[[ Exercise material open ]]
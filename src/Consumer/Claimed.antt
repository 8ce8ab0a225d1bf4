-- ===== src/Consumer/Claimed.antt =====
-- What a claim of the consumer returns: events whose rows are in the outbox
-- (services/context-memory-service/src/context_memory_service/main.py and repository.py).
use control_architecture.Base.{
  String, Bool, true, Option, none, some, List, [], ◌∷◌, ◌≡◌, ◌≢◌, refl, sym, ◌∙◌, ap, arith, ok,
  map, find, exists, update, All, All-find, Option-cases, Bool-cases, inl, inr, ◌==◌, string_eq,
  format-ne-empty, has_code,
}
use mathlib.Core.Path.{subst}
use mathlib.Core.Option.{some-injective}
use control_architecture.Contracts.Envelopes.{Time}
use control_architecture.Contracts.Events.{
  TaskLifecycleOutboxEvent, BaseTaskLifecycleOutboxEvent, EventPayload, validate_event, event_base,
  event_type_task_created, event_type_task_state_changed,
}
use control_architecture.Context.Models.{OutboxEvent, Database, empty_database, OutboxClaimRequest}
use control_architecture.Context.Repository.{has_event_id, created_event, changed_event}
use control_architecture.Context.Outbox.{
  claim_outbox_events, get_outbox_event, claimed, failed, selected,
}
use control_architecture.Context.Calls.{Operation, step, run}
use control_architecture.Context.Api.{parse_event, parse_events, cons_parsed, post_claim, in_bounds}
use control_architecture.Context.Leases.{All-present, selected-All}
use control_architecture.Context.Rows.{RowInvariant, run-All, step-All}
use control_architecture.Context.Typed.{Parses, typed_rows, IsTyped, run-IsTyped, parse-All}
use control_architecture.Consumer.Service.{event_id}
use control_architecture.Consumer.Standing.{IsReadable}
use control_architecture.Consumer.Reliable.{find_exists}

-- Every row has an identifier that is not empty.
abbrev IsNamed : OutboxEvent → Type 0
IsNamed e = e.event_id ≢ ""

rows-IsNamed : RowInvariant IsNamed
unfolding created_event changed_event failed
rows-IsNamed = record {
  kept = record {
    created = λ now tokens p t. format-ne-empty "evt_" (tokens.event ∷ []) (has_code "evt_" refl);
    changed = λ now tokens p t. format-ne-empty "evt_" (tokens.event ∷ []) (has_code "evt_" refl);
    completed_keeps = λ now e h. h;
    failed_keeps = λ now message e h. h;
  };
  claimed_keeps = λ now e h. h;
}

validate-base :
    (b : BaseTaskLifecycleOutboxEvent) (t : String) (q : EventPayload)
    (x : TaskLifecycleOutboxEvent)
    → validate_event b t q ≡ some x
    → event_base x ≡ b
unfolding validate_event
validate-base b t (EventPayload.created q) x h = elim (Bool-cases (t == event_type_task_created)) [
  | inl e ↦ cc (rw e at h)
  | inr e ↦ cc (rw e at h)
]
validate-base b t (EventPayload.state_changed q) x h =
    elim (Bool-cases (t == event_type_task_state_changed)) [
      | inl e ↦ cc (rw e at h)
      | inr e ↦ cc (rw e at h)
    ]

-- An event that is read has the identifier of its row.
parse-event_id :
    (e : OutboxEvent) (x : TaskLifecycleOutboxEvent)
    → parse_event e ≡ some x
    → event_id x ≡ e.event_id
unfolding parse_event
parse-event_id e x h = ap (λ b. b.event_id) (validate-base _ e.event_type e.payload x h)

-- A row that is there is readable, where every row is typed.
exists-IsReadable :
    (id : String) (c : Database)
    → IsTyped c
    → exists (has_event_id id) c.outbox ≡ true
    → IsReadable id c
unfolding get_outbox_event
exists-IsReadable id c typed h = elim (Option-cases (find (has_event_id id) c.outbox)) [
  | inl e ↦ cc (find_exists (has_event_id id) c.outbox e, h)
  | inr (r, e) ↦ (r, e, All-find Parses (has_event_id id) c.outbox r typed e)
]

-- Rows of a list are in it.
exists-claimed :
    (id : String) (q : OutboxEvent → Bool) (now : Time) (xs : List OutboxEvent)
    → exists (has_event_id id) (update q (claimed now) xs) ≡ exists (has_event_id id) xs
unfolding exists update
exists-claimed id q now [] = refl
exists-claimed id q now (x ∷ xs) = ground (arith, exists-claimed id q now xs)

-- A row that can be projected.
abbrev IsRow : Database → String → Type 0
IsRow c id = IsReadable id c × (id ≢ "")

cons_rows :
    (c : Database) (id : String) (o : Option TaskLifecycleOutboxEvent)
    (q : Option (List TaskLifecycleOutboxEvent)) (r : List TaskLifecycleOutboxEvent)
    → IsRow c id
    → ((x : TaskLifecycleOutboxEvent) → o ≡ some x → event_id x ≡ id)
    → ((xs : List TaskLifecycleOutboxEvent) → q ≡ some xs → All (λ x. IsRow c (event_id x)) xs)
    → cons_parsed o q ≡ some r
    → All (λ x. IsRow c (event_id x)) r
cons_rows c id none q r row named rest h = cc h
cons_rows c id (some x) none r row named rest h = cc h
cons_rows c id (some x) (some xs) r row named rest h =
    subst (All (λ x. IsRow c (event_id x))) (some-injective (x ∷ xs) r h)
      (subst (IsRow c) (sym (named x refl)) row, rest xs refl)

parsed_rows :
    (c : Database) (now : Time) (xs : List OutboxEvent) (r : List TaskLifecycleOutboxEvent)
    → All (λ e. IsRow c e.event_id) xs
    → parse_events (map (claimed now) xs) ≡ some r
    → All (λ x. IsRow c (event_id x)) r
unfolding parse_events
parsed_rows c now [] r h p = subst (All (λ x. IsRow c (event_id x))) (some-injective [] r p) tt
parsed_rows c now (e ∷ xs) r h p =
    cons_rows c e.event_id (parse_event (claimed now e)) (parse_events (map (claimed now) xs)) r h.0
      (λ x k. parse-event_id (claimed now e) x k) (λ ys k. parsed_rows c now xs ys h.1 k) p

module _ (ops : List Operation) (now : Time) (p : OutboxClaimRequest)
    (bounded : in_bounds p ≡ true) where
  -- The outbox before and after the claim.
  abbrev before : Database
  before = run ops empty_database

  abbrev pub after_claim : Database
  after_claim = (claim_outbox_events now p.limit p.lease_seconds before).1

  after-IsTyped : IsTyped after_claim
  unfolding step
  after-IsTyped =
      step-All Parses typed_rows (Operation.claim now p.limit p.lease_seconds) before
        (run-IsTyped ops)

  abbrev taken : List OutboxEvent
  taken = selected now p.limit p.lease_seconds before

  rows_after : All (λ e. IsRow after_claim e.event_id) taken
  unfolding claim_outbox_events
  rows_after =
      selected-All (λ e. IsRow after_claim e.event_id) now p.limit p.lease_seconds before
        (All-both before.outbox (All-present before.outbox) (run-All IsNamed rows-IsNamed ops))
    where
      All-both :
          (xs : List OutboxEvent)
          → All (λ e. exists (has_event_id e.event_id) before.outbox ≡ true) xs
          → All IsNamed xs
          → All (λ e. IsRow after_claim e.event_id) xs
      All-both [] h k = tt
      All-both (x ∷ xs) h k = (
        (
          exists-IsReadable x.event_id after_claim after-IsTyped
              (exists-claimed x.event_id _ now before.outbox ∙ h.0),
          k.0,
        ),
        All-both xs h.1 k.1,
      )

  -- A claim of 1 to 500 events answers, and each event that it returns has a row, with an identifier
  -- that is not empty.
  pub claim_rows :
      (r : List TaskLifecycleOutboxEvent) × ((post_claim now p before).0 ≡ ok r)
      × ((post_claim now p before).1 ≡ after_claim)
      × All (λ x. IsRow after_claim (event_id x)) r
  unfolding post_claim claim_outbox_events
  claim_rows =
      let (r, read, len) =
        parse-All now taken
          (selected-All Parses now p.limit p.lease_seconds before (run-IsTyped ops)) in
      (r, rw (bounded, read) refl, rw bounded, parsed_rows after_claim now taken r rows_after read)
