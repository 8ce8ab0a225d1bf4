-- ===== src/Consumer/Liveness.antt =====
-- On a network that delivers every request and response, a dispatch completes the events that it
-- claims (services/event-consumer/src/event_consumer/service.py, process_once).
use control_architecture.Base.{ℕ, true, String, List, [], ◌∷◌, ◌≡◌, ◌≢◌, ◌⊎◌, All, length}
use control_architecture.Contracts.Events.{TaskLifecycleOutboxEvent}
use control_architecture.Context.Models.{empty_database, OutboxClaimRequest}
use control_architecture.Context.Calls.{Operation, run}
use control_architecture.Context.Api.{in_bounds}
use control_architecture.Provenance.Models.{ProvenanceDatabase}
use control_architecture.Consumer.Service.{DispatchResponse, event_id}
use control_architecture.Consumer.Network.{World, Network}
use control_architecture.Consumer.Standing.{IsReadable}
use control_architecture.Consumer.Reliable.{IsReliable}

-- The batch follows the order of its tasks' events, where `K` says which tasks have a provenance
-- record: a change of state is one of a task that has one, or that an earlier event creates.
abbrev pub AreOrdered : (String → Type 0) → List TaskLifecycleOutboxEvent → Type 0
AreOrdered K [] = Unit
AreOrdered K (TaskLifecycleOutboxEvent.created b p ∷ r) = AreOrdered (λ t. K t ⊎ (p.task_id ≡ t)) r
AreOrdered K (TaskLifecycleOutboxEvent.state_changed b p ∷ r) = K p.task_id × AreOrdered K r

-- Each event of the batch has a row in the outbox, with an identifier that is not empty.
abbrev AreRows : World → List TaskLifecycleOutboxEvent → Type 0
AreRows w es = All (λ x. IsReadable (event_id x) w.context × (event_id x ≢ "")) es

-- The response of a dispatch that has projected a batch without a failure.
abbrev pub all_processed : List TaskLifecycleOutboxEvent → DispatchResponse
all_processed es = record {
  claimed_count = length es;
  processed_count = length es;
  failed_count = 0;
  failures = [];
}

module _ (n : Network) (reliable : IsReliable n) (ops : List Operation) (d : ProvenanceDatabase)
    (sent : ℕ) (p : OutboxClaimRequest) (bounded : in_bounds p ≡ true) where
  abbrev pub from_start : World
  from_start = record { context = run ops empty_database; provenance = d; requests = sent }
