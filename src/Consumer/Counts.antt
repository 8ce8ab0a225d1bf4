-- ===== src/Consumer/Counts.antt =====
-- What a dispatch reports (services/event-consumer/src/event_consumer/service.py, process_once).
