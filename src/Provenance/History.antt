-- ===== src/Provenance/History.antt =====
-- The state history of the provenance service over sequences of operations (services/
-- provenance-service/src/provenance_service/repository.py, add_state_transition).
use mathlib.Core.List.{append_assoc, append-nil}
use control_architecture.Base.{
  ◌≤◌, String, false, Option, none, some, List, [], ◌∷◌, ◌++◌, ◌≡◌, refl, sym, ◌∙◌, arith,
  Bool-cases, Option-cases, inl, inr, ap, count, count-append, exists-count, string_eq,
  string_discrete,
}
use control_architecture.Contracts.Envelopes.{Time}
use control_architecture.Provenance.Models.{
  TaskProvenance, TaskStateTransition, ProvenanceDatabase, empty_provenance,
  TaskStateTransitionCreateRequest,
}
use control_architecture.Provenance.Repository.{
  create_task_provenance, provenance_lookup, get_task_provenance, add_state_transition,
  transition_existing, transition_task, existing_transition, source_taken, has_source,
  new_transition, get_delegation,
}
use control_architecture.Provenance.Evidence.{
  add_artifact, artifact_task, create_delegation, delegation_task, update_delegation,
  delegation_found,
}
use control_architecture.Provenance.Calls.{Operation, step, run, run_induction}

-- What an operation does to the state history: nothing, or it appends one transition, of a source
-- that was not there.
pub data Effect (d d' : ProvenanceDatabase) : Type 0 where
  kept : d'.state_history ≡ d.state_history → Effect d d'
  added :
      (t : TaskStateTransition)
      → source_taken t.source_event_id d ≡ false
      → d'.state_history ≡ d.state_history ++ t ∷ []
      → Effect d d'

task-Effect :
    (now : Time) (id : String) (p : TaskStateTransitionCreateRequest) (o : Option TaskProvenance)
    (d : ProvenanceDatabase)
    → Effect d (transition_task now id p o d).1
unfolding transition_task new_transition
task-Effect now id p none d = Effect.kept refl
task-Effect now id p (some t) d = elim (Bool-cases (source_taken p.source_event_id d)) [
  | inl taken ↦ Effect.kept (ground arith)
  | inr free ↦ Effect.added (new_transition now id p d) free (ground arith)
]

existing-Effect :
    (now : Time) (id : String) (p : TaskStateTransitionCreateRequest)
    (o : Option TaskStateTransition) (d : ProvenanceDatabase)
    → Effect d (transition_existing now id p o d).1
unfolding transition_existing
existing-Effect now id p (some t) d = Effect.kept refl
existing-Effect now id p none d = task-Effect now id p (get_task_provenance id d) d

step-Effect : (o : Operation) (d : ProvenanceDatabase) → Effect d (step o d)
unfolding step create_task_provenance add_state_transition add_artifact create_delegation
    update_delegation
step-Effect (Operation.create now id p) d = elim (Option-cases (get_task_provenance id d)) [
  | inl e ↦ Effect.kept (unfold provenance_lookup in ground arith)
  | inr t ↦ Effect.kept (unfold provenance_lookup in ground (arith, t.1))
]
step-Effect (Operation.transition now id p) d =
    existing-Effect now id p (existing_transition p.source_event_id d) d
step-Effect (Operation.artifact now id p) d = elim (Option-cases (get_task_provenance id d)) [
  | inl e ↦ Effect.kept (unfold artifact_task in ground arith)
  | inr t ↦ Effect.kept (unfold artifact_task in ground (arith, t.1))
]
step-Effect (Operation.delegate now token id p) d = elim (Option-cases (get_task_provenance id d)) [
  | inl e ↦ Effect.kept (unfold delegation_task in ground arith)
  | inr t ↦ Effect.kept (unfold delegation_task in ground (arith, t.1))
]
step-Effect (Operation.update now id p) d = elim (Option-cases (get_delegation id d)) [
  | inl e ↦ Effect.kept (unfold delegation_found in ground arith)
  | inr t ↦ Effect.kept (unfold delegation_found in ground (arith, t.1))
]

-- Whatever operations follow, the state history keeps its transitions and their order: it is only
-- appended to.
pub history_appends :
    (ops : List Operation) (d : ProvenanceDatabase)
    → (r : List TaskStateTransition) × ((run ops d).state_history ≡ d.state_history ++ r)
unfolding run
history_appends [] d = ([], sym (append-nil d.state_history))
history_appends (o ∷ ops) d =
    let (r, later) = history_appends ops (step o d) in
    elim (step-Effect o d) [
      | kept e ↦ (r, later ∙ ap (λ xs. xs ++ r) e)
      | added t free e ↦
          (t ∷ r, later ∙ ap (λ xs. xs ++ r) e ∙ append_assoc d.state_history (t ∷ []) r)
    ]

-- No source event has made two transitions.
pub record IsUnique (d : ProvenanceDatabase) : Type 0 where
  pub at_source : (s : String) → count (has_source s) d.state_history ≤ 1

count_one :
    (s : String) (t : TaskStateTransition) (d : ProvenanceDatabase)
    → source_taken t.source_event_id d ≡ false
    → count (has_source s) d.state_history ≤ 1
    → count (has_source s) (d.state_history ++ t ∷ []) ≤ 1
unfolding count
count_one s t d free h = elim (Option-cases t.source_event_id) [
  | inl e ↦ ground (arith, count-append (has_source s) d.state_history (t ∷ []))
  | inr (x, e) ↦ elim (string_discrete x s) [
    | yes same ↦ ground (
      arith,
      count-append (has_source s) d.state_history (t ∷ []),
      exists-count (has_source s) d.state_history (ground (arith, same)),
    )
    | no other ↦ ground (arith, count-append (has_source s) d.state_history (t ∷ []))
  ]
]

pub step-IsUnique : (o : Operation) (d : ProvenanceDatabase) → IsUnique d → IsUnique (step o d)
step-IsUnique o d h = elim (step-Effect o d) [
  | kept e ↦ record { at_source = λ s. rw e (h.at_source s) }
  | added t free e ↦ record { at_source = λ s. rw e (count_one s t d free (h.at_source s)) }
]

pub empty-IsUnique : IsUnique empty_provenance
unfolding count
empty-IsUnique = record { at_source = λ s. omega arith }

-- After any operations on an empty database, no source event has more than one transition.
pub run-IsUnique : (ops : List Operation) → IsUnique (run ops empty_provenance)
run-IsUnique ops = run_induction IsUnique step-IsUnique ops empty_provenance empty-IsUnique
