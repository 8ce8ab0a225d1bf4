-- ===== src/Consumer/Consistent.antt =====
-- An invariant that ties the outbox to the state history
-- (services/context-memory-service/src/context_memory_service/repository.py and
-- services/provenance-service/src/provenance_service/repository.py).
use control_architecture.Base.{
  ℕ, String, true, Option, none, some, [], ◌∷◌, ◌≡◌, refl, ◌∙◌, ap, arith, ok, Bool-cases, inl, inr,
  All, All-append, All-update, All-update_where, All-map, exists, exists-append, exists-append_last,
  find-exists, string_eq,
}
use control_architecture.Contracts.Literals.{OutboxStatus}
use control_architecture.Contracts.Envelopes.{Time}
use control_architecture.Context.Models.{
  Task, OutboxEvent, Database, empty_database, TaskCreateRequest, TaskStatePatchRequest,
}
use control_architecture.Context.Repository.{
  Tokens, create_task, update_task_state, patch_lookup, patch_found, changed_event, created_event,
  new_task, violates_unique, same_state, has_event_id, get_task,
}
use control_architecture.Context.Outbox.{
  claim_outbox_events, complete_outbox_event, fail_outbox_event, change_found, get_outbox_event,
  claimed, completed, failed,
}
use control_architecture.Provenance.Models.{
  TaskProvenance, TaskStateTransition, ProvenanceDatabase, empty_provenance,
  TaskStateTransitionCreateRequest,
}
use control_architecture.Provenance.Repository.{
  add_state_transition, transition_existing, transition_task, existing_transition, new_transition,
  has_source, source_taken, get_task_provenance, get_state_transition_by_source_event,
}
use control_architecture.Provenance.Calls.{Operation, step, run}
use control_architecture.Provenance.History.{
  IsUnique, step-IsUnique, empty-IsUnique, history_appends,
}

-- The state history has a transition of this event.
abbrev pub IsRecorded : ProvenanceDatabase → String → Type 0
IsRecorded d id = exists (has_source id) d.state_history ≡ true

abbrev pub IsProjected : ProvenanceDatabase → OutboxEvent → Type 0
IsProjected d e = e.status ≡ OutboxStatus.completed → IsRecorded d e.event_id

-- Every completed event has a transition, and no event has two.
pub record IsConsistent (c : Database) (d : ProvenanceDatabase) : Type 0 where
  pub projected : All (IsProjected d) c.outbox
  pub unique : IsUnique d

pub empty-IsConsistent : IsConsistent empty_database empty_provenance
empty-IsConsistent = record { projected = tt; unique = empty-IsUnique }

-- Operations of the provenance service keep it.
step-IsRecorded :
    (o : Operation) (d : ProvenanceDatabase) (id : String)
    → IsRecorded d id
    → IsRecorded (step o d) id
unfolding run
step-IsRecorded o d id h =
    let (r, grown) = history_appends (o ∷ []) d in
    ap (exists (has_source id)) grown ∙ exists-append (has_source id) d.state_history r h

pub provenance-IsConsistent :
    (o : Operation) (c : Database) (d : ProvenanceDatabase)
    → IsConsistent c d
    → IsConsistent c (step o d)
provenance-IsConsistent o c d h = record {
  projected =
      All-map (IsProjected d) (IsProjected (step o d)) c.outbox
        (λ e k done. step-IsRecorded o d e.event_id (k done)) h.projected;
  unique = step-IsUnique o d h.unique;
}

module _ (d : ProvenanceDatabase) where
  pub create-IsConsistent :
      (now : Time) (tokens : Tokens) (p : TaskCreateRequest) (c : Database)
      → IsConsistent c d
      → IsConsistent (create_task now tokens p c).1 d
  unfolding create_task created_event
  create-IsConsistent now tokens p c h =
      let t = new_task now tokens p in
      let e = created_event now tokens p t in
      elim (Bool-cases (violates_unique c t e)) [
        | inl taken ↦ rw taken h
        | inr free ↦ rw free (record {
          projected = All-append (IsProjected d) c.outbox (e ∷ []) h.projected (λ done. cc, tt);
          unique = h.unique;
        })
      ]

  lookup-IsConsistent :
      (now : Time) (tokens : Tokens) (id : String) (p : TaskStatePatchRequest) (o : Option Task)
      (c : Database)
      → IsConsistent c d
      → IsConsistent (patch_lookup now tokens id p o c).1 d
  unfolding patch_lookup patch_found changed_event
  lookup-IsConsistent now tokens id p none c h = h
  lookup-IsConsistent now tokens id p (some t) c h =
      let e = changed_event now tokens p t in
      elim (Bool-cases (same_state p t)) [
        | inl same ↦ rw same h
        | inr other ↦ elim (Bool-cases (exists (has_event_id e.event_id) c.outbox)) [
          | inl taken ↦ rw (other, taken) h
          | inr free ↦
              rw (other, free)
                (record {
                  projected =
                      All-append (IsProjected d) c.outbox (e ∷ []) h.projected (λ done. cc, tt);
                  unique = h.unique;
                })
        ]
      ]

  pub patch-IsConsistent :
      (now : Time) (tokens : Tokens) (id : String) (p : TaskStatePatchRequest) (c : Database)
      → IsConsistent c d
      → IsConsistent (update_task_state now tokens id p c).1 d
  unfolding update_task_state
  patch-IsConsistent now tokens id p c h = lookup-IsConsistent now tokens id p (get_task id c) c h

  pub claim-IsConsistent :
      (now : Time) (limit lease : ℕ) (c : Database)
      → IsConsistent c d
      → IsConsistent (claim_outbox_events now limit lease c).1 d
  unfolding claim_outbox_events
  claim-IsConsistent now limit lease c h = record {
    projected =
        All-update (IsProjected d) _ (claimed now) c.outbox (λ x k done. cc done) h.projected;
    unique = h.unique;
  }

  change-IsConsistent :
      (id : String) (f : OutboxEvent → OutboxEvent) (o : Option OutboxEvent) (c : Database)
      → ((x : OutboxEvent) → has_event_id id x ≡ true → IsProjected d (f x))
      → IsConsistent c d
      → IsConsistent (change_found id f o c).1 d
  unfolding change_found
  change-IsConsistent id f none c k h = h
  change-IsConsistent id f (some e) c k h = record {
    projected = All-update_where (IsProjected d) (has_event_id id) f c.outbox k h.projected;
    unique = h.unique;
  }

  -- A completion keeps it where the event was recorded.
  pub complete-IsConsistent :
      (now : Time) (id : String) (c : Database)
      → IsRecorded d id
      → IsConsistent c d
      → IsConsistent (complete_outbox_event now id c).1 d
  unfolding complete_outbox_event
  complete-IsConsistent now id c r h =
      change-IsConsistent id (completed now) (get_outbox_event id c) c
        (λ x e done. let named : x.event_id ≡ id = ground (arith, e) in rw named r) h

  pub fail-IsConsistent :
      (now : Time) (id message : String) (c : Database)
      → IsConsistent c d
      → IsConsistent (fail_outbox_event now id message c).1 d
  unfolding fail_outbox_event failed
  fail-IsConsistent now id message c h =
      change-IsConsistent id (failed now message) (get_outbox_event id c) c (λ x e done. cc done) h

-- A transition that is answered for a source is recorded under it.
task-IsRecorded :
    (now : Time) (id s : String) (p : TaskStateTransitionCreateRequest) (o : Option TaskProvenance)
    (d : ProvenanceDatabase) (t : TaskStateTransition)
    → p.source_event_id ≡ some s
    → (transition_task now id p o d).0 ≡ ok (some t)
    → IsRecorded (transition_task now id p o d).1 s
unfolding transition_task new_transition
task-IsRecorded now id s p none d t src h = cc
task-IsRecorded now id s p (some q) d t src h =
    elim (Bool-cases (source_taken p.source_event_id d)) [
      | inl taken ↦ ground (arith, h)
      | inr free ↦ rw free (
          exists-append_last (has_source s) d.state_history (new_transition now id p d)
            (ground (arith, src)))
    ]

existing-IsRecorded :
    (now : Time) (id s : String) (p : TaskStateTransitionCreateRequest)
    (o : Option TaskStateTransition) (d : ProvenanceDatabase) (t : TaskStateTransition)
    → p.source_event_id ≡ some s
    → existing_transition p.source_event_id d ≡ o
    → (transition_existing now id p o d).0 ≡ ok (some t)
    → IsRecorded (transition_existing now id p o d).1 s
unfolding transition_existing
existing-IsRecorded now id s p none d t src e h =
    task-IsRecorded now id s p (get_task_provenance id d) d t src h
existing-IsRecorded now id s p (some q) d t src e h =
    find-exists (has_source s) d.state_history q
      (unfold existing_transition get_state_transition_by_source_event in ground (arith, e, src))

pub transition-IsRecorded :
    (now : Time) (id s : String) (p : TaskStateTransitionCreateRequest) (d : ProvenanceDatabase)
    (t : TaskStateTransition)
    → p.source_event_id ≡ some s
    → (add_state_transition now id p d).0 ≡ ok (some t)
    → IsRecorded (add_state_transition now id p d).1 s
unfolding add_state_transition
transition-IsRecorded now id s p d t src h =
    existing-IsRecorded now id s p (existing_transition p.source_event_id d) d t src refl h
[[ Exercise material closed ]]
Lines from the start of the entries through the one containing "(b : BaseTaskLifecycleOutboxEvent)" are to be set down again exactly, both ends included.

filename src/Consumer/Claimed.antt
repository 8ce8ab0a225d1bf4
-- ===== src/Consumer/Claimed.antt =====
-- What a claim of the consumer returns: events whose rows are in the outbox
-- (services/context-memory-service/src/context_memory_service/main.py and repository.py).
use control_architecture.Base.{
  String, Bool, true, Option, none, some, List, [], ◌∷◌, ◌≡◌, ◌≢◌, refl, sym, ◌∙◌, ap, arith, ok,
  map, find, exists, update, All, All-find, Option-cases, Bool-cases, inl, inr, ◌==◌, string_eq,
  format-ne-empty, has_code,
}
use mathlib.Core.Path.{subst}
use mathlib.Core.Option.{some-injective}
use control_architecture.Contracts.Envelopes.{Time}
use control_architecture.Contracts.Events.{
  TaskLifecycleOutboxEvent, BaseTaskLifecycleOutboxEvent, EventPayload, validate_event, event_base,
  event_type_task_created, event_type_task_state_changed,
}
use control_architecture.Context.Models.{OutboxEvent, Database, empty_database, OutboxClaimRequest}
use control_architecture.Context.Repository.{has_event_id, created_event, changed_event}
use control_architecture.Context.Outbox.{
  claim_outbox_events, get_outbox_event, claimed, failed, selected,
}
use control_architecture.Context.Calls.{Operation, step, run}
use control_architecture.Context.Api.{parse_event, parse_events, cons_parsed, post_claim, in_bounds}
use control_architecture.Context.Leases.{All-present, selected-All}
use control_architecture.Context.Rows.{RowInvariant, run-All, step-All}
use control_architecture.Context.Typed.{Parses, typed_rows, IsTyped, run-IsTyped, parse-All}
use control_architecture.Consumer.Service.{event_id}
use control_architecture.Consumer.Standing.{IsReadable}
use control_architecture.Consumer.Reliable.{find_exists}

-- Every row has an identifier that is not empty.
abbrev IsNamed : OutboxEvent → Type 0
IsNamed e = e.event_id ≢ ""

rows-IsNamed : RowInvariant IsNamed
unfolding created_event changed_event failed
rows-IsNamed = record {
  kept = record {
    created = λ now tokens p t. format-ne-empty "evt_" (tokens.event ∷ []) (has_code "evt_" refl);
    changed = λ now tokens p t. format-ne-empty "evt_" (tokens.event ∷ []) (has_code "evt_" refl);
    completed_keeps = λ now e h. h;
    failed_keeps = λ now message e h. h;
  };
  claimed_keeps = λ now e h. h;
}

validate-base :
    (b : BaseTaskLifecycleOutboxEvent) (t : String) (q : EventPayload)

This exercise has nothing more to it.